Exercise requirements
Please report how many lines in the following material hold the string "zero", giving only the number.
[Given data — start]
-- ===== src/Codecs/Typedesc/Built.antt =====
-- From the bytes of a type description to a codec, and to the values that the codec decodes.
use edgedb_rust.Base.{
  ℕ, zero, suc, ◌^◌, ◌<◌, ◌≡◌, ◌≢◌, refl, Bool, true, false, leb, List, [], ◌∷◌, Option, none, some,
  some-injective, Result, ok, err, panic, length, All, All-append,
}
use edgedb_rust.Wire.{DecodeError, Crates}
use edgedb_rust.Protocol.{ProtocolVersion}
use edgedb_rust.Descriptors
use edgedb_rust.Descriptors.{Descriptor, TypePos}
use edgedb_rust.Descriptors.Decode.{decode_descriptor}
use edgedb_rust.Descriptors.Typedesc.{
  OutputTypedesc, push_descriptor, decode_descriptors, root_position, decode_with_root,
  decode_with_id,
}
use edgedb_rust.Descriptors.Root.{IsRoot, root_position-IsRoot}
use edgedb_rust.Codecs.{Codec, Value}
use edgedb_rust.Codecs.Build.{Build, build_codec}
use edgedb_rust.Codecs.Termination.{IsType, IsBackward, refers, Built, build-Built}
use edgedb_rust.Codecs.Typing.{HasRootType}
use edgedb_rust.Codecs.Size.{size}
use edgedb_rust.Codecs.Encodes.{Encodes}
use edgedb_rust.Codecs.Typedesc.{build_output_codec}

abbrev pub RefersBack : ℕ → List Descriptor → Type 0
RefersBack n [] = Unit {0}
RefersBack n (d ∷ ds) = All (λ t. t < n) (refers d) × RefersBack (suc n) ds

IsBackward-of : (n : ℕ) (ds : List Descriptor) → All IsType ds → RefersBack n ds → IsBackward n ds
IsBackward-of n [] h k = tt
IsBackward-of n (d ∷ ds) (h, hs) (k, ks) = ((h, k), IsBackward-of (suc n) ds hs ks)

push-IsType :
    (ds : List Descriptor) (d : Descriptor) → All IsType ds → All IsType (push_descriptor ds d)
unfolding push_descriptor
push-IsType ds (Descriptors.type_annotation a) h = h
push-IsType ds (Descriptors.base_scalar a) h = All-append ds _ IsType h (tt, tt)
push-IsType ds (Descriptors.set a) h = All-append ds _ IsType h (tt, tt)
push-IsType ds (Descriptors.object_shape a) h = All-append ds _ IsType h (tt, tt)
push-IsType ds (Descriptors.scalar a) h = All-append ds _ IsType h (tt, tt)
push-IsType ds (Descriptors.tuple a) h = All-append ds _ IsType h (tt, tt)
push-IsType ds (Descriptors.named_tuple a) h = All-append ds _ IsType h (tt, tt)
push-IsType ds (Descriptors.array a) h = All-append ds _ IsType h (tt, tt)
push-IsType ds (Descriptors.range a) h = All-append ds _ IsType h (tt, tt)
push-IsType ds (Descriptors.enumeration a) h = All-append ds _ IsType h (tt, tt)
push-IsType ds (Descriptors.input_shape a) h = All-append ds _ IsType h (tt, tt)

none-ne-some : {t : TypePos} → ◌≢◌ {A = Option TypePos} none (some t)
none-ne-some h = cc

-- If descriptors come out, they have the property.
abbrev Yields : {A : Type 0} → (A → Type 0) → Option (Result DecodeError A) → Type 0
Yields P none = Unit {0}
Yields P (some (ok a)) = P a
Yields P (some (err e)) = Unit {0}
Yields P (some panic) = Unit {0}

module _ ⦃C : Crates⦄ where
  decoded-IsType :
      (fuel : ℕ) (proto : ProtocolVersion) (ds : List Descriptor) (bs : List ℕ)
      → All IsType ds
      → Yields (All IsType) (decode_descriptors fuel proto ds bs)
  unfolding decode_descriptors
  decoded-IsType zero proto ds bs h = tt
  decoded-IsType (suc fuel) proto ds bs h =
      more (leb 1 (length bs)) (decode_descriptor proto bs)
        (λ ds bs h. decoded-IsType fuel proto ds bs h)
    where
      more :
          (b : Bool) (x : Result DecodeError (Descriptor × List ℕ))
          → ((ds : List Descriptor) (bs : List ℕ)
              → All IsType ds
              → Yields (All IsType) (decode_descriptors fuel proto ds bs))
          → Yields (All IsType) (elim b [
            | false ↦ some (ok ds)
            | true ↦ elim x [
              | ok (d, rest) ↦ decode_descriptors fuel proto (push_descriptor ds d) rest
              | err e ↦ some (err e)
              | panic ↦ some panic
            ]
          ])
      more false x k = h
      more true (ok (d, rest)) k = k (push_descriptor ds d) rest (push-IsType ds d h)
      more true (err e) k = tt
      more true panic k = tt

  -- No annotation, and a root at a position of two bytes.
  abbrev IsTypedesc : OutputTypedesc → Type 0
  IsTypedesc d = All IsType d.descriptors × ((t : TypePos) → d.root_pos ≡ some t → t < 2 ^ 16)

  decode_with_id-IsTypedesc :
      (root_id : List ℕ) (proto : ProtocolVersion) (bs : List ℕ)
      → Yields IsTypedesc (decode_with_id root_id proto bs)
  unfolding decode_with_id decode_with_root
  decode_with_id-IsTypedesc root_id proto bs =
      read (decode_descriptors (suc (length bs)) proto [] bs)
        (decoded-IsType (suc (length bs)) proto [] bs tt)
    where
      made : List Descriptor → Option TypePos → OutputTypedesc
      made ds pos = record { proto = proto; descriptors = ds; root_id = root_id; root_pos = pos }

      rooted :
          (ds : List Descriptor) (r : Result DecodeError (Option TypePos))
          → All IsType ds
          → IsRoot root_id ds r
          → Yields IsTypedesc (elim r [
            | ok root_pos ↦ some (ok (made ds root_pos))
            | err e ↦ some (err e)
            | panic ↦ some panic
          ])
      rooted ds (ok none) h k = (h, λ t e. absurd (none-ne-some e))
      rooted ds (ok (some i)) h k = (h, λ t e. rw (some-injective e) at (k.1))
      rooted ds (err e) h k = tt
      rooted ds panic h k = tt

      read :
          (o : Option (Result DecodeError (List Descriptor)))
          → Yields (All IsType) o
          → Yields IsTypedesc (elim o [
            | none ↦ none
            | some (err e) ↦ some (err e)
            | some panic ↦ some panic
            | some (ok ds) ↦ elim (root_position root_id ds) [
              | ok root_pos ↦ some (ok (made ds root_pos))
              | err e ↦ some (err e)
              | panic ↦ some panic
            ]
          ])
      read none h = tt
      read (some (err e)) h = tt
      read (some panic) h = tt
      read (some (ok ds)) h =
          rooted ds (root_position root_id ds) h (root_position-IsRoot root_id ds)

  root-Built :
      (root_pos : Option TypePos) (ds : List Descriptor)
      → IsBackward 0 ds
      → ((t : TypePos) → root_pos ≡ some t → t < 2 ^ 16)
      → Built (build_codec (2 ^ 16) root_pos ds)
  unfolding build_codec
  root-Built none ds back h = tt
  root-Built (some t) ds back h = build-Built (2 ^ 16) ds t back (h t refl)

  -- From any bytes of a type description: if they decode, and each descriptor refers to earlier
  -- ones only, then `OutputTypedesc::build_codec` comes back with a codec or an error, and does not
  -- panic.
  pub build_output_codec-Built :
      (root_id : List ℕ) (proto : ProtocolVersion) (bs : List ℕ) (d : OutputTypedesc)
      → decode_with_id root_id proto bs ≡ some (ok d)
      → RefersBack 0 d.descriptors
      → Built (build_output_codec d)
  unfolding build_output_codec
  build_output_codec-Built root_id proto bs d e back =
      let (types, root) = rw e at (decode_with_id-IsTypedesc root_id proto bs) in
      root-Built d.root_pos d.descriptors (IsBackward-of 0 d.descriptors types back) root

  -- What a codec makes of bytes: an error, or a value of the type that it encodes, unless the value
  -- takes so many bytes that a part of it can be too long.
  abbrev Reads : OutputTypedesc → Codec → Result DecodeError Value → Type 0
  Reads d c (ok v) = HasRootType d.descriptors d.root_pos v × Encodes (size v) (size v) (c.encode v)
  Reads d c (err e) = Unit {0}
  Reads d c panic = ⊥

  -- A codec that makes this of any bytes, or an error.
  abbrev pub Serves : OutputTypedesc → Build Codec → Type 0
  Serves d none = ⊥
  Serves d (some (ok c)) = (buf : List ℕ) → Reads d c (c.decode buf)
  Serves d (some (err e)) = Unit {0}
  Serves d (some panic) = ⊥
[Given data — finish]
Solution
2